The matrix of code variables of experiment design is shown in Table 3.5. The variables X, Y, Z represent the operating parameters intended to be optimized.

3.14 Kinetics of Monochlorobenzene destruction

The global disappearance rate of a reactant for two-phase AOP systems has been expressed as the Langmuir-Hinshelwood expression (2)

r = - dC/dt =kKC/(1 + KC) (1)

where k is the reaction rate constant, K is the adsorption equilibrium constant, and C is the gas or liquid concentration in the bulk phase. Integration of Equation 1 yields:

Ln(Co/C) + K(Co - C) = kKt (2)

where Co is the initial reactant concentration. Equations 1 and 2 have been employed to describe the kinetics of batch reactors of degradation of Monochlorobenzene

In this research the author used equation L-M and also proposed conversion of monocholorobenene in gas phase by Titania and UV light. Author also investigated the effect of humidity and intermediates to photodegradation of Monochlorobenzene. In the destruction process of chlorobenzene, the OH– group plays an important role in the cleavage of the aromatic ring. The ring cleavage is the rate limiting step, which is much slower than the rate that chlorobenzene degrades to chlorophenols. Experimental results support theoretical analyses which indicate that phenol and benzene are not primary intermediates, i.e., dechlorination occurs after the cleavage of the ring.

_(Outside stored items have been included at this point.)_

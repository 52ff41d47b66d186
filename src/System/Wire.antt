-- ===== src/System/Wire.antt =====
-- The management process and an SSC as one system. What each writes stays on the wire until the other
-- reads it: in order, with messages that are lost left out. The threads that send the configuration
-- (`pthread_ds_fun`) run beside the other threads of the management process.
pub mod Sent
pub mod Kinds
pub mod HostSteps
pub mod Steps
pub mod Typed
use pi_ssc_ssd_ssa.Common.{
  ℕ, ◌+◌, ◌==◌, Bool, Option, none, some, List, [], ◌∷◌, ◌++◌, map, length, ltb, get_or, set,
  get_elem?, if◌then◌else◌, ◌>>=◌,
}
use pi_ssc_ssd_ssa.Public.{Entry}
use pi_ssc_ssd_ssa.Public.Message.{Msg, mac_entry}
use pi_ssc_ssd_ssa.Hlist.{Hlist}
use pi_ssc_ssd_ssa.MsgList.{ListHead}
use pi_ssc_ssd_ssa.Pi.Db.{Env}
use pi_ssc_ssd_ssa.Pi.Handlers.{pthread_ds_fun}
use pi_ssc_ssd_ssa.Pi.Receive.{MsgQueue}
use pi_ssc_ssd_ssa.Pi.Server.{Answers, pi_send_msg_ssc}
use pi_ssc_ssd_ssa.Pi.Cli.{Net, Command}
use pi_ssc_ssd_ssa.Pi.Process.{Host, poll_step, deal_info_func, cli_step}
use pi_ssc_ssd_ssa.Ssc.Comm.{Platform}
use pi_ssc_ssd_ssa.Ssc.Process.{Process, connect, read, read_failed, notified, sync, looked, step}

-- A round of the server, in which the place that is given reads the message that stands the given
-- number of messages on, or none reads; a round of the handling thread; a command; a thread of
-- `pthread_ds_fun` that begins, with the place of the array that it does not set, or sends; and the
-- events of the SSC, whose notices hold the entry that a line card sends.
pub data WireEvent : Type 0 where
  pi_polled : Bool → Answers → Option (ℕ × ℕ) → WireEvent
  pi_handled : Env → Bool → WireEvent
  pi_called : Env → Net → ℕ → Command → WireEvent
  ds_begun : ℕ → WireEvent
  ds_sent : Net → ℕ → WireEvent
  ssc_connected : Bool → Bool → WireEvent
  ssc_read : ℕ → WireEvent
  ssc_read_failed : Bool → WireEvent
  ssc_notified : Entry → WireEvent
  ssc_synced : ℕ → WireEvent
  ssc_looked : WireEvent

module _ (H : Hlist Entry) (L : ListHead MsgQueue) where
  -- Both processes, how far each has read what the other wrote, and what each thread of
  -- `pthread_ds_fun` has still to send, the newest thread first.
  pub record Wire : Type 0 where
    pub host : Host H L
    pub process : Process H
    pub read_by_pi : ℕ
    pub read_by_ssc : ℕ
    pub ds : List (List Msg)

  -- What the management process wrote.
  abbrev pub to_ssc : Wire → List Msg
  to_ssc s = map (λ (m : Msg × List ℕ). m.0) s.host.sent

  abbrev pub to_pi : Wire → List Msg
  to_pi s = s.process.ssc.to_pi

  -- What the places read, if the one given reads the message.
  abbrev pub only : ℕ → Msg → ℕ → Option Msg
  only place m i = if i == place then some m else none

  abbrev pub silent : ℕ → Option Msg
  silent i = none

  unfoldable pub pi_polled_step : Bool → Answers → Option (ℕ × ℕ) → Wire → Option Wire
  pi_polled_step mem a none s = do
    h ← poll_step H L mem (record a { reads = silent }) s.host
    some (record s { host = h })
  pi_polled_step mem a (some (place, skip)) s = do
    m ← get_elem? (to_pi s) (s.read_by_pi + skip)
    h ← poll_step H L mem (record a { reads = only place m }) s.host
    some (record s { host = h; read_by_pi = s.read_by_pi + skip + 1 })

  -- No more threads begin than `pi_to_ssc_conf` has made.
  unfoldable pub ds_begun_step : ℕ → Wire → Option Wire
  ds_begun_step junk s =
      if ltb (length s.ds) s.host.pi.threads
      then some (record s { ds = pthread_ds_fun H junk s.host.pi.db ∷ s.ds })
      else none

  unfoldable pub ds_sent_step : Net → ℕ → Wire → Option Wire
  ds_sent_step net k s = elim (get_or s.ds k []) [
    | [] ↦ none
    | m ∷ rest ↦ (do
      sent ← pi_send_msg_ssc net.mem net.wrote m s.host.server.g_client
      some (record s {
        host = record s.host { sent = s.host.sent ++ (sent ∷ []) };
        ds = set s.ds k rest;
      }))
  ]

  module _ (env : Env) (platform : Platform) where
    unfoldable pub ssc_read_step : ℕ → Wire → Option Wire
    ssc_read_step skip s = do
      m ← get_elem? (to_ssc s) (s.read_by_ssc + skip)
      p ← step H env platform (read m) s.process
      some (record s { process = p; read_by_ssc = s.read_by_ssc + skip + 1 })

    unfoldable pub wire_step : WireEvent → Wire → Option Wire
    wire_step (pi_polled mem a from) s = pi_polled_step mem a from s
    wire_step (pi_handled e create) s = do
      h ← deal_info_func H L e create s.host
      some (record s { host = h })
    wire_step (pi_called e net junk cmd) s = do
      h ← cli_step H L e net junk cmd s.host
      some (record s { host = h })
    wire_step (ds_begun junk) s = ds_begun_step junk s
    wire_step (ds_sent net k) s = ds_sent_step net k s
    wire_step (ssc_connected ok create) s = do
      p ← step H env platform (connect ok create) s.process
      some (record s { process = p })
    wire_step (ssc_read skip) s = ssc_read_step skip s
    wire_step (ssc_read_failed opened) s = do
      p ← step H env platform (read_failed opened) s.process
      some (record s { process = p })
    wire_step (ssc_notified e) s = do
      p ← step H env platform (notified (mac_entry e)) s.process
      some (record s { process = p })
    wire_step (ssc_synced k) s = do
      p ← step H env platform (sync k) s.process
      some (record s { process = p })
    wire_step ssc_looked s = do
      p ← step H env platform looked s.process
      some (record s { process = p })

In a few research for photodegradation monochlorobenzene in water Huang etl., 2008 conducted experiment with Titania Degussa D25 in a batch reacor Heterogeneous photocatalysis using TiO2 as photocatalyst was proven to be an effective method for the degradation and mineralization of MCB. The experimental results demonstrated that increasing the substrate concentration, light intensity, and TiO2 dosage in an appropriate range contributed to the photo- catalytic degradation of MCB. In addition, the neutral medium was beneficial for the degradation of MCB. The photocatalytic degradation of MCB followed the Langmuir–Hinshelwood kinetics. Moreover, the initial degradation rate varied with a 0.255 power of the light intensity indicated the considerable adverse effect of e−–h+ pair recombination.